Question

How much mass of aluminium can be obtained from 0.1mol of $A{l}_2{(S{O}_4)}_3$ ? [Atomic mass of Al$=27u$ ]
(A) 2.7g
(B) 5.4g
(C) 3.2g
(D) 7.8g

Answer 1

Hint: This question can be solved using the formula -
$$\text{number of moles = }{\displaystyle \frac{\text{given mass}}{\text{molar mass}}}$$
Number of moles of Al in $A{l}_2{(S{O}_4)}_3$ can be calculated by multiplying number of atoms of Al with number of moles of $A{l}_2{(S{O}_4)}_3$ compound.

Complete answer:
We already know that a mole is defined as $$6.02214076\times {10}^{23}$$ (Avogadro’s number) of some chemical unit, be it atoms, molecules, ions, compounds or others.
Number of moles of $A{l}_2{(S{O}_4)}_3$ given as 0.1 mole.
Number of moles of Al in $A{l}_2{(S{O}_4)}_3$ can be calculated by multiplying number of atoms of Al with number of moles of $A{l}_2{(S{O}_4)}_3$ compound.
As 1 mole of $A{l}_2{(S{O}_4)}_3$ contains 2 moles of Al and 3 moles of $S{O}_4$ .
Similarly, 0.1 mole of $A{l}_2{(S{O}_4)}_3$ contains $(2\times 0.1=0.2)$0.2moles of Al and $(3\times 0.1=0.3)$ 0.3 mole of $S{O}_4$ .
We know that,
     $$\begin{array}{rl}& \text{number of moles = }{\displaystyle \frac{\text{given mass}}{\text{molar mass}}}\\ & \text{given mass}=\text{number of moles}\times \text{molar mass}\end{array}$$
Molar mass of aluminium is 27g/mol.
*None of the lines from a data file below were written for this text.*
-- ===== src/TablePage/Fill.antt =====
-- The writes of an insert in storage/access/table_page.go, word by word and byte by byte: the free
-- space pointer moves down, the tuple's bytes follow it, and a slot gets its offset and size.
use samehada_db.Base.{
  ℕ, ◌+◌, ◌-◌, ◌*◌, ◌≤◌, List, length, ltb, if◌then◌else◌, returns, ◌≡◌, refl, arith, get_or, ◌≢◌,
  ◌⊎◌, inl, inr, ◌∙◌,
}
use samehada_db.Bytes.{le32, u32, word32}
use samehada_db.Bytes.Slices.{length-copy_at, get_or-copy_at}
use samehada_db.Bytes.Words.{word32-copy_self, word32-copy_ne, write_at-copy_at}
use samehada_db.Txn.{Tuple}
use samehada_db.Page.{Page, put_tuple, set_free_space_pointer, copy_header, copy_bytes}
use samehada_db.Page.Slots.{
  fsp_of, count_of, offset_of, size_of, IsPage, patch, get_free_space_pointer-fsp,
}

length-le32 : (v : ℕ) → length (le32 v) ≡ 4
unfolding le32
length-le32 v = refl

-- The page `p`, the slot, the new pointer and the bytes of the tuple, which end where the free space
-- ended.
module _ (p : Page) (page : IsPage p) (slot f : ℕ) (bytes : List ℕ) (room : 32 + 8 * slot ≤ f)
    (fits : f + length bytes ≤ 4096) where
  abbrev moved : Page
  moved = patch p 16 (le32 f)

  abbrev copied : Page
  copied = patch moved f bytes

  abbrev placed : Page
  placed = patch copied (24 + 8 * slot) (le32 f)

  abbrev pub filled : Page
  filled = patch placed (28 + 8 * slot) (le32 (length bytes))

  IsPage-moved : IsPage moved
  IsPage-moved = length-copy_at 16 (le32 f) p.bytes ∙ page

  IsPage-copied : IsPage copied
  IsPage-copied = length-copy_at f bytes moved.bytes ∙ IsPage-moved

  IsPage-placed : IsPage placed
  IsPage-placed = length-copy_at (24 + 8 * slot) (le32 f) copied.bytes ∙ IsPage-copied

  pub IsPage-filled : IsPage filled
  IsPage-filled = length-copy_at (28 + 8 * slot) (le32 (length bytes)) placed.bytes ∙ IsPage-placed

  -- A word of the header or of another slot.
  word-filled :
      (at : ℕ)
      → (at + 4 ≤ 16) ⊎ (20 ≤ at)
      → at + 4 ≤ f
      → (at + 4 ≤ 24 + 8 * slot) ⊎ (32 + 8 * slot ≤ at)
      → word32 filled.bytes at ≡ word32 p.bytes at
  word-filled at a b c =
      word32-copy_ne (28 + 8 * slot) (le32 (length bytes)) placed.bytes at
        (ground (arith, length-le32 (length bytes)))
      ∙ word32-copy_ne (24 + 8 * slot) (le32 f) copied.bytes at (ground (arith, length-le32 f))
      ∙ word32-copy_ne f bytes moved.bytes at (inl b)
      ∙ word32-copy_ne 16 (le32 f) p.bytes at (ground (arith, length-le32 f))

  pub count-filled : count_of filled ≡ count_of p
  count-filled = word-filled 20 (inr (omega arith)) (omega arith) (inl (omega arith))

  pub fsp-filled : fsp_of filled ≡ f
  fsp-filled =
      word32-copy_ne (28 + 8 * slot) (le32 (length bytes)) placed.bytes 16 (inl (omega arith))
      ∙ word32-copy_ne (24 + 8 * slot) (le32 f) copied.bytes 16 (inl (omega arith))
      ∙ word32-copy_ne f bytes moved.bytes 16 (inl (omega arith))
      ∙ word32-copy_self 16 f p.bytes (omega (arith, page))
      ∙ omega arith

  pub size-filled_self : size_of filled slot ≡ length bytes
  size-filled_self =
      word32-copy_self (28 + 8 * slot) (length bytes) placed.bytes (omega (arith, IsPage-placed))
      ∙ omega arith

  pub offset-filled_self : offset_of filled slot ≡ f
  offset-filled_self =
      word32-copy_ne (28 + 8 * slot) (le32 (length bytes)) placed.bytes (24 + 8 * slot)
        (inl (omega arith))
      ∙ word32-copy_self (24 + 8 * slot) f copied.bytes (omega (arith, IsPage-copied))
      ∙ omega arith

  pub size-filled_ne : (i : ℕ) → i ≢ slot → 32 + 8 * i ≤ f → size_of filled i ≡ size_of p i
  size-filled_ne i ne h = word-filled (28 + 8 * i) (inr (omega arith)) (omega arith) (ground arith)

  pub offset-filled_ne : (i : ℕ) → i ≢ slot → 32 + 8 * i ≤ f → offset_of filled i ≡ offset_of p i
  offset-filled_ne i ne h =
      word-filled (24 + 8 * i) (inr (omega arith)) (omega arith) (ground arith)

  -- A byte behind the slots: the tuple's, or the one that was there.
  pub byte-filled :
      (j : ℕ)
      → f ≤ j
      → get_or filled.bytes j 0
        ≡ (if ltb j (f + length bytes) then get_or bytes (j - f) 0 else get_or p.bytes j 0)
  byte-filled j h = ground (
    arith,
    get_or-copy_at (28 + 8 * slot) (le32 (length bytes)) placed.bytes j,
    get_or-copy_at (24 + 8 * slot) (le32 f) copied.bytes j,
    get_or-copy_at f bytes moved.bytes j,
    get_or-copy_at 16 (le32 f) p.bytes j,
    length-le32 f,
    length-le32 (length bytes),
    IsPage-moved,
  )

  -- The two calls of the source that make these writes.
  pub put_tuple-filled :
      (tuple : Tuple)
      → tuple.bytes ≡ bytes
      → tuple.size ≡ length bytes
      → put_tuple (set_free_space_pointer p f) slot tuple ≡ returns filled
  unfolding put_tuple set_free_space_pointer copy_header copy_bytes
  put_tuple-filled tuple e n =
      let pointer : fsp_of moved ≡ f =
        word32-copy_self 16 f p.bytes (omega (arith, page)) ∙ omega arith in
      let a : u32 (24 + 8 * slot) ≡ 24 + 8 * slot = omega arith in
      let b : u32 (28 + 8 * slot) ≡ 28 + 8 * slot = omega arith in
      simp (
        get_free_space_pointer-fsp moved IsPage-moved,
        pointer,
        e,
        n,
        a,
        b,
        write_at-copy_at moved.bytes f bytes (omega (arith, IsPage-moved)),
        write_at-copy_at copied.bytes (24 + 8 * slot) (le32 f) (omega (arith, IsPage-copied)),
        write_at-copy_at placed.bytes (28 + 8 * slot) (le32 (length bytes))
            (omega (arith, IsPage-placed)),
      )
And the number of moles of Aluminum is 0.2 (as calculated above). So putting these values we can find the mass.
     $$\begin{array}{rl}& \text{mass of Al = number of mole of Al }\times \text{ molar mass of Al}\\ & \text{mass of Al = }0.2\times 27\\ & \text{mass of Al =}5.4g\end{array}$$
Therefore, 5.4g of aluminium can be obtained from 0.1mol of $A{l}_2{(S{O}_4)}_3$

Hence the correct option is (B) 5.4g.

Note:
Molar mass is defined as the mass of one mole of chemical species. Whereas Atomic mass is the mass of one individual unit of that chemical species. The atomic mass in amu (atomic mass unit) of a substance is numerically equivalent to the mass in grams of one mole of that substance.